Redis series of directories
Redis series – distributed lock
Redis series – Cache penetration, cache breakdown, cache avalanche
Why Is Redis so fast?
Redis series — Data Persistence (RDB and AOF)
Redis series – consistent hash algorithm
Redis series – High Availability (Master slave, Sentinel, Cluster)
Redis series – Things and Optimism lock
Redis series — Geospatial: Do you have Lao Wang next door?
Bitmaps: Did you check in today?
What is a Bloom filter?!
Someone once told me, “Ideally, our page jumps need to be instantaneous, and our in-page operations need to be instantaneous. In addition, actions that take more than a snap of a finger should have a progress notification and can be stopped or cancelled at any time for the best user experience.”

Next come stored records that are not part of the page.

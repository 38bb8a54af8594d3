-- ===== src/SharedCore.antt =====
-- src/agent/sharedCore.ts: one core for the engines of several capture sessions.
-- An engine is named by a text; what is called on one is listed in `told`. An operation that the
-- queue runs is cut where it awaits the core, and the parts are functions of their own.
pub mod Routing
mod Tests
use tapline.Base.{
  ℕ, Bool, true, false, not, ◌&&◌, Option, none, some, List, [], ◌∷◌, ◌++◌, Text, text, text_eq,
  Assoc, get, put, remove, if◌then◌else◌,
}

-- The handlers that the proxy tells apart.
pub data Method : Type 0 where
  request closed failure other : Method

pub data Told : Type 0 where
  handled : Text → Method → Text → Told
  failed : Text → Text → Told
  reset : Text → Told

pub record SharedCore : Type 0 where
  -- Whether `inspector` is set.
  pub attached : Bool
  pub targets : Assoc Text
  pub requests : Assoc Text
  pub tags : Assoc Text
  pub told : List Told

unfoldable pub register : SharedCore → Text → Text → SharedCore
register s engine tag = record s { tags = put engine tag s.tags }

-- What the proxy answers: what the engine does, or that there is none.
pub data Reply : Type 0 where
  routed : Text → Reply
  session_closed : Reply
  unknown : Reply

pub record Dispatched : Type 0 where
  pub core : SharedCore
  pub reply : Reply

abbrev ends_session : Method → Bool
ends_session request = false
ends_session closed = true
ends_session failure = true
ends_session other = false

abbrev unrouted : Method → Reply
unrouted request = session_closed
unrouted closed = unknown
unrouted failure = unknown
unrouted other = unknown

unfoldable pub dispatch : SharedCore → Method → Text → Dispatched
dispatch s method id = elim (get id s.requests) [
  | none ↦ record { core = s; reply = unrouted method }
  | some target ↦ record {
    core = record s {
      told = s.told ++ handled target method id ∷ [];
      requests = if ends_session method then remove id s.requests else s.requests;
    };
    reply = routed target;
  }
]

-- `bindSession`: `none` is an error.
unfoldable pub bind : SharedCore → Text → Text → Option SharedCore
bind s id inbound = elim (get inbound s.targets) [
  | none ↦ none
  | some target ↦ elim (get id s.requests) [
    | none ↦ some (record s { requests = put id target s.requests })
    | some previous ↦
        if text_eq previous target
        then some (record s { requests = put id target s.requests })
        else none
  ]
]

abbrev resets : Assoc Text → List Told
resets [] = []
resets ((tag, target) ∷ m) = reset target ∷ resets m

abbrev failures : Assoc Text → List Told
failures [] = []
failures ((id, target) ∷ m) = failed target id ∷ failures m

-- The attached core exited.
unfoldable pub exited : SharedCore → SharedCore
exited s = record s {
  attached = false;
  targets = [];
  requests = [];
  told = s.told ++ (resets s.targets ++ failures s.requests);
}

-- `start` up to the inlet, and what follows when the inlet could not be opened.
unfoldable pub begin_start : SharedCore → Text → Text → SharedCore
begin_start s engine tag = record s { attached = true; targets = put tag engine s.targets }

abbrev has_targets : Assoc Text → Bool
has_targets [] = false
has_targets (t ∷ m) = true

abbrev detach : SharedCore → SharedCore
detach s = record s { attached = s.attached && has_targets s.targets }

unfoldable pub drop_bound : Text → Assoc Text → Assoc Text
drop_bound engine [] = []
drop_bound engine ((id, target) ∷ m) =
    if text_eq target engine then drop_bound engine m else (id, target) ∷ drop_bound engine m

unfoldable pub fail_start : SharedCore → Text → SharedCore
fail_start s tag = detach (record s { targets = remove tag s.targets })

-- `stop` behind the removal of the inlet.
unfoldable pub finish_stop : SharedCore → Text → Text → SharedCore
unfolding drop_bound
finish_stop s engine tag =
    detach (record s { targets = remove tag s.targets; requests = drop_bound engine s.requests })

unfoldable pub forget : SharedCore → Text → SharedCore
forget s engine = record s { tags = remove engine s.tags }

unfoldable pub close : SharedCore → SharedCore
close s = record s { attached = false; targets = []; requests = []; tags = [] }
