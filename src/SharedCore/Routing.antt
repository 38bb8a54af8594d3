-- ===== src/SharedCore/Routing.antt =====
-- src/agent/sharedCore.ts: to which engine a session's calls go.
use tapline.Base.{
  ◌≡◌, refl, sym, ◌∙◌, ap, inl, inr, Bool-cases, Option-cases, some, Text, text_eq, text_eq_iff,
  get, put, get-put_self, arith,
}
use mathlib.Core.Option.{some-injective}
use tapline.SharedCore.{SharedCore, Method, dispatch, routed, bind}

-- Where `bind` succeeds on a session that is bound, the engine is the same.
bind-same :
    (s s' : SharedCore) (id inbound target : Text)
    → get id s.requests ≡ some target
    → bind s id inbound ≡ some s'
    → get id s'.requests ≡ some target
unfolding bind
bind-same s s' id inbound target bound h = elim (Option-cases (get inbound s.targets)) [
  | inl gone ↦ ground (arith, gone, h)
  | inr (engine, there) ↦ elim (Bool-cases (text_eq target engine)) [
    | inl same ↦
        let put_back : get id (put id engine s.requests) ≡ some engine =
          get-put_self id engine s.requests in
        let made : s' ≡ record s { requests = put id engine s.requests } =
          sym (some-injective _ _ (rw (there, bound, same, bind) at h)) in
        ap (λ (r : SharedCore). get id r.requests) made
        ∙ (put_back ∙ ap (λ r. some r) (sym ((text_eq_iff target engine).0 same)))
    | inr differs ↦ ground (arith, there, bound, differs, h)
  ]
]

dispatch-reply :
    (s : SharedCore) (method : Method) (id target : Text)
    → get id s.requests ≡ some target
    → (dispatch s method id).reply ≡ routed target
unfolding dispatch
dispatch-reply s method id target bound = rw (bound, dispatch) refl

-- A session that is bound stays with its engine: where `bind` succeeds on it, it is bound to the
-- same engine, and the next call of any handler for it goes to that engine.
pub bind-dispatch :
    (s s' : SharedCore) (id inbound target : Text) (method : Method)
    → get id s.requests ≡ some target
    → bind s id inbound ≡ some s'
    → (get id s'.requests ≡ some target) × ((dispatch s' method id).reply ≡ routed target)
bind-dispatch s s' id inbound target method bound h =
    let kept = bind-same s s' id inbound target bound h in
    (kept, dispatch-reply s' method id target kept)
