-- ===== src/SharedCore/Tests.antt =====
-- Runs of src/agent/sharedCore.ts.
use tapline.Base.{◌≡◌, refl, true, some, [], ◌∷◌, text, text_eq, get, put}
use tapline.SharedCore.{SharedCore, request, dispatch, routed, bind}
use tapline.SharedCore.Routing.{bind-dispatch}

abbrev two_windows : SharedCore
two_windows = record {
  attached = true;
  targets = (text "in1", text "a") ∷ (text "in2", text "b") ∷ [];
  requests = (text "s1", text "a") ∷ (text "s2", text "b") ∷ [];
  tags = [];
  told = [];
}

s1_found : get (text "s1") two_windows.requests ≡ some (text "a")
unfolding get text text_eq
s1_found = refl

s1_binds : bind two_windows (text "s1") (text "in1") ≡ some two_windows
unfolding bind get put text text_eq
s1_binds = refl

bind-dispatch_example :
    (get (text "s1") two_windows.requests ≡ some (text "a"))
    × ((dispatch two_windows request (text "s1")).reply ≡ routed (text "a"))
bind-dispatch_example =
    bind-dispatch two_windows two_windows (text "s1") (text "in1") (text "a") request s1_found
      s1_binds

So how much time is a moment, a moment, a snap?
According to the Maha Sangha Doctrine:
The moment is a thought, the twenty thoughts are a moment, the twenty seconds are a finger, the twenty fingers are a luo, the twenty luo is an instant, a day and a night are thirty seconds.
So, after careful calculation, an instant is 0.36 seconds, and a split second is 0.018 seconds. One snap lasts 7.2 seconds.

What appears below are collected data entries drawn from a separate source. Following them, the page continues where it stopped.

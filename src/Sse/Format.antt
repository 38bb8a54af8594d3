-- ===== src/Sse/Format.antt =====
-- Events written as a server writes them are the events emitted.
use native.Mathlib.Nat.{add-zero, zero-add}
use tapline.Base.{
  ℕ, suc, ◌+◌, ◌≤◌, ◌≡◌, ◌≢◌, ◌∙◌, false, Option, List, [], ◌∷◌, ◌++◌, append_assoc, append-nil,
  Text, text, text_eq, starts_with, length, arith, All,
}
use tapline.Sse.{
  SseParser, consume_line, cleared, set_field, field_name, field_value, drop_space, add_char,
  read_char, after_cr, push_char, push, lf, cr, has_nul, byte_length,
}
use tapline.Sse.Bounds.{byte_size}

-- A text that holds no line end.
abbrev pub IsLine : Text → Type 0
IsLine = All (λ c. (c ≢ cr) × (c ≢ lf))

-- A parser that is past the byte order mark, has no line feed to skip, and drops nothing.
abbrev pub reader : Text → ℕ → ℕ → List Text → Text → Text → Option ℕ → SseParser
reader line n size lines event id retry = record {
  first = false;
  skip_lf = false;
  line = line;
  line_length = n;
  size = size;
  dropped = false;
  lines = lines;
  event = event;
  last_event_id = id;
  retry = retry;
}

module _ (limit : ℕ) (lines : List Text) (event id : Text) (retry : Option ℕ) where
  push_char-line :
      (line : Text) (n size c : ℕ)
      → (c ≢ cr) × (c ≢ lf)
      → size + byte_length c ≤ limit
      → push_char limit (reader line n size lines event id retry) c
        ≡ (reader (line ++ c ∷ []) (suc n) (size + byte_length c) lines event id retry, [])
  unfolding push_char after_cr read_char add_char
  push_char-line line n size c ne le = ground arith

  push-line :
      (line : Text) (n size : ℕ) (l rest : Text)
      → IsLine l
      → size + byte_size l ≤ limit
      → push limit (reader line n size lines event id retry) (l ++ rest)
        ≡ push limit
            (reader (line ++ l) (n + length l) (size + byte_size l) lines event id retry)
            rest
  unfolding push byte_size
  push-line line n size [] rest ok le = rw (append-nil line, add-zero n, add-zero size)
  push-line line n size (c ∷ l) rest (ne, ok) le =
      let step : suc n + length l ≡ n + suc (length l) = omega arith in
      let grown : size + byte_length c + byte_size l ≡ size + (byte_length c + byte_size l) =
        omega arith in
      rw (push_char-line line n size c ne (omega arith)) (
        push-line (line ++ c ∷ []) (suc n) (size + byte_length c) l rest ok (omega arith)
        ∙ rw (append_assoc line (c ∷ []) l, step, grown))

  -- The end of a line that is neither empty nor a comment sets its field.
  push_char-field :
      (c n size : ℕ) (l : Text)
      → c ≢ b':'
      → push_char limit (reader (c ∷ l) (suc n) size lines event id retry) lf ≡ (
        record (cleared (
            set_field
              (reader (c ∷ l) (suc n) size lines event id retry)
              (field_name (c ∷ l))
              (field_value (c ∷ l)))) { skip_lf = false },
        [],
      )
  unfolding push_char after_cr read_char consume_line starts_with
  push_char-field c n size l ne = ground arith

  push-field :
      (size c : ℕ) (l rest : Text)
      → IsLine (c ∷ l)
      → c ≢ b':'
      → size + byte_size (c ∷ l) ≤ limit
      → push limit (reader [] 0 size lines event id retry) ((c ∷ l) ++ lf ∷ rest)
        ≡ push limit
            (record (cleared (
              set_field
                (reader (c ∷ l) (suc (length l)) (size + byte_size (c ∷ l)) lines event id retry)
                (field_name (c ∷ l))
                (field_value (c ∷ l)))) { skip_lf = false })
            rest
  unfolding push
  push-field size c l rest ok ne le =
      push-line [] 0 size (c ∷ l) (lf ∷ rest) ok le
      ∙ rw (zero-add (suc (length l)), push_char-field c (length l) (size + byte_size (c ∷ l)) l ne)

  -- The three fields of an event.
  pub push-data :
      (size : ℕ) (v rest : Text)
      → IsLine v
      → size + byte_size (text "data: " ++ v) ≤ limit
      → push limit (reader [] 0 size lines event id retry) ((text "data: " ++ v) ++ lf ∷ rest)
        ≡ push limit
            (reader [] 0 (size + byte_size (text "data: " ++ v)) (lines ++ v ∷ []) event id retry)
            rest
  unfolding text set_field field_name field_value text_eq drop_space
  push-data size v rest ok le =
      push-field size b'd' (text "ata: " ++ v) rest (ground arith) (omega arith) le

  pub push-event :
      (size : ℕ) (v rest : Text)
      → IsLine v
      → size + byte_size (text "event: " ++ v) ≤ limit
      → push limit (reader [] 0 size lines event id retry) ((text "event: " ++ v) ++ lf ∷ rest)
        ≡ push limit (reader [] 0 (size + byte_size (text "event: " ++ v)) lines v id retry) rest
  unfolding text set_field field_name field_value text_eq drop_space
  push-event size v rest ok le =
      push-field size b'e' (text "vent: " ++ v) rest (ground arith) (omega arith) le

  pub push-id :
      (size : ℕ) (v rest : Text)
      → IsLine v
      → has_nul v ≡ false
      → size + byte_size (text "id: " ++ v) ≤ limit
      → push limit (reader [] 0 size lines event id retry) ((text "id: " ++ v) ++ lf ∷ rest)
        ≡ push limit (reader [] 0 (size + byte_size (text "id: " ++ v)) lines event v retry) rest
  unfolding text set_field field_name field_value text_eq drop_space
  push-id size v rest ok nul le =
      push-field size b'i' (text "d: " ++ v) rest (ground arith) (omega arith) le
      ∙ rw (nul, set_field)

In order to improve user experience and improve website response speed, caching is generally used, and the usual technology selection is Redis.
Today we are going to talk about why Redis is so fast!
Interview questions
“Everyone is using Redis as a cache, so Redis must be fast?” “I asked a classmate who had come in for an interview.

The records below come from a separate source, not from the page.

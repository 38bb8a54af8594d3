-- ===== src/Sse/Events.antt =====
-- The round trip of whole events.
use native.Mathlib.Nat.{add-zero}
use tapline.Base.{
  ℕ, ◌+◌, ◌≤◌, ◌≡◌, ◌≢◌, refl, sym, ap, ◌∙◌, false, none, List, [], ◌∷◌, ◌++◌, append-nil,
  append_assoc, map, Text, text, All, join, arith,
}
use tapline.Sse.{
  Output, emit, or_message, initial, lf, push, push_char, after_cr, read_char, consume_line,
  dispatched, has_nul, also,
}
use tapline.Sse.Bounds.{byte_size}
use tapline.Sse.Format.{IsLine, reader, push-data, push-event, push-id}

-- An event as a server means it: its data is a list of lines.
pub record ServerSent : Type 0 where
  pub event : Text
  pub id : Text
  pub lines : List Text

pub data_lines : List Text → Text → Text
data_lines [] rest = rest
data_lines (d ∷ ds) rest = (text "data: " ++ d) ++ lf ∷ data_lines ds rest

unfoldable pub data_size : List Text → ℕ
data_size [] = 0
data_size (d ∷ ds) = byte_size (text "data: " ++ d) + data_size ds

-- The stream that writes some events, each with an `event`, an `id` and its `data` lines.
pub written : List ServerSent → Text
unfolding data_lines
written [] = []
written (e ∷ es) =
    (text "event: " ++ e.event)
    ++ lf ∷ ((text "id: " ++ e.id) ++ lf ∷ data_lines e.lines (lf ∷ written es))

unfoldable pub written_size : ServerSent → ℕ
written_size e =
    byte_size (text "event: " ++ e.event) + (byte_size (text "id: " ++ e.id) + data_size e.lines)

-- No line end in a field, no NUL in the id, at least one line, and no more than the limit.
pub record IsWritable (limit : ℕ) (e : ServerSent) : Type 0 where
  pub event : IsLine e.event
  pub id : IsLine e.id
  pub no_nul : has_nul e.id ≡ false
  pub some_line : e.lines ≢ []
  pub lines : All IsLine e.lines
  pub fits : written_size e ≤ limit

pub expected : ServerSent → Output
expected e = emit (record {
  event = or_message e.event;
  payload = join (lf ∷ []) e.lines;
  last_event_id = e.id;
  retry = none;
})

module _ (limit : ℕ) where
  push-data_lines :
      (size : ℕ) (lines ds : List Text) (event id rest : Text)
      → All IsLine ds
      → size + data_size ds ≤ limit
      → push limit (reader [] 0 size lines event id none) (data_lines ds rest)
        ≡ push limit (reader [] 0 (size + data_size ds) (lines ++ ds) event id none) rest
  unfolding data_lines data_size
  push-data_lines size lines [] event id rest ok le = rw (add-zero size, append-nil lines)
  push-data_lines size lines (d ∷ ds) event id rest (line, ok) le =
      let step = size + byte_size (text "data: " ++ d) in
      let grown : step + data_size ds ≡ size + (byte_size (text "data: " ++ d) + data_size ds) =
        omega arith in
      push-data limit lines event id none size d (data_lines ds rest) line (omega arith)
      ∙ push-data_lines step (lines ++ d ∷ []) ds event id rest ok (omega arith)
      ∙ rw (grown, append_assoc lines (d ∷ []) ds)

  -- The empty line behind an event emits it.
  push-blank :
      (size : ℕ) (d : Text) (ds : List Text) (event id rest : Text)
      → push limit (reader [] 0 size (d ∷ ds) event id none) (lf ∷ rest)
        ≡ also
            (expected (record { event = event; id = id; lines = d ∷ ds }) ∷ [])
            (push limit (reader [] 0 0 [] [] id none) rest)
  unfolding push push_char after_cr read_char consume_line dispatched expected
  push-blank size d ds event id rest = refl

  push-one :
      (id : Text) (e : ServerSent) (lines : List Text) (rest : Text)
      → e.lines ≡ lines
      → IsWritable limit e
      → push limit (reader [] 0 0 [] [] id none) (
          (text "event: " ++ e.event)
          ++ lf ∷ ((text "id: " ++ e.id) ++ lf ∷ data_lines e.lines (lf ∷ rest)))
        ≡ also (expected e ∷ []) (push limit (reader [] 0 0 [] [] e.id none) rest)
  unfolding written_size
  push-one id e [] rest same w = absurd (w.some_line same)
  push-one id e (d ∷ ds) rest same w =
      let a = byte_size (text "event: " ++ e.event) in
      let b = byte_size (text "id: " ++ e.id) in
      push-event limit [] [] id none 0 e.event
        ((text "id: " ++ e.id) ++ lf ∷ data_lines e.lines (lf ∷ rest)) w.event (omega arith)
      ∙ push-id limit [] e.event id none (0 + a) e.id (data_lines e.lines (lf ∷ rest)) w.id w.no_nul
          (omega arith)
      ∙ push-data_lines (0 + a + b) [] e.lines e.event e.id (lf ∷ rest) w.lines (omega arith)
      ∙ ap
          (λ ls.
            push limit (reader [] 0 (0 + a + b + data_size e.lines) ls e.event e.id none)
              (lf ∷ rest))
          same
      ∙ push-blank (0 + a + b + data_size e.lines) d ds e.event e.id rest
      ∙ ap
          (λ ls.
            also (expected (record { event = e.event; id = e.id; lines = ls }) ∷ [])
              (push limit (reader [] 0 0 [] [] e.id none) rest))
          (sym same)

  push-written_from :
      (id : Text) (es : List ServerSent)
      → All (IsWritable limit) es
      → (push limit (reader [] 0 0 [] [] id none) (written es)).1 ≡ map expected es
  unfolding written push
  push-written_from id [] ok = refl
  push-written_from id (e ∷ es) (w, ok) =
      ap (λ r. r.1) (push-one id e e.lines (written es) refl w)
      ∙ ap (λ out. expected e ∷ out) (push-written_from e.id es ok)

  first_char :
      (es : List ServerSent)
      → (push limit initial (written es)).1
        ≡ (push limit (reader [] 0 0 [] [] [] none) (written es)).1
  unfolding push push_char written text
  first_char [] = refl
  first_char (e ∷ es) = refl

  -- A parser from its start, given the stream that writes some events, emits exactly those events
  -- in order, with the type `message` where none is named; each event must fit the limit, hold at
  -- least one data line, no line end in a field and no NUL in its id.
  pub push-written :
      (es : List ServerSent)
      → All (IsWritable limit) es
      → (push limit initial (written es)).1 ≡ map expected es
  push-written es ok = first_char es ∙ push-written_from [] es ok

“Yes, because Redis is a completely memory-based operation, it’s fast.” “The interviewee replied.
“Is there any other reason? “I asked with a bad smile. The students on the other side have no idea how to answer.
In the world of computing, caches are everywhere
Browser cache, CPU cache, disk cache, CDN cache, APP cache, database cache…
Why are caches everywhere? Answer in one word: quick!!
The browser and App are cached to enable users to access previously accessed pages more quickly and improve user experience. CPU, disk cache, in order to faster processing data, improve the performance of the computer; The database is cached so that the business server can process the business more quickly.
As a Java programmer, when it comes to caching, Redis comes to mind.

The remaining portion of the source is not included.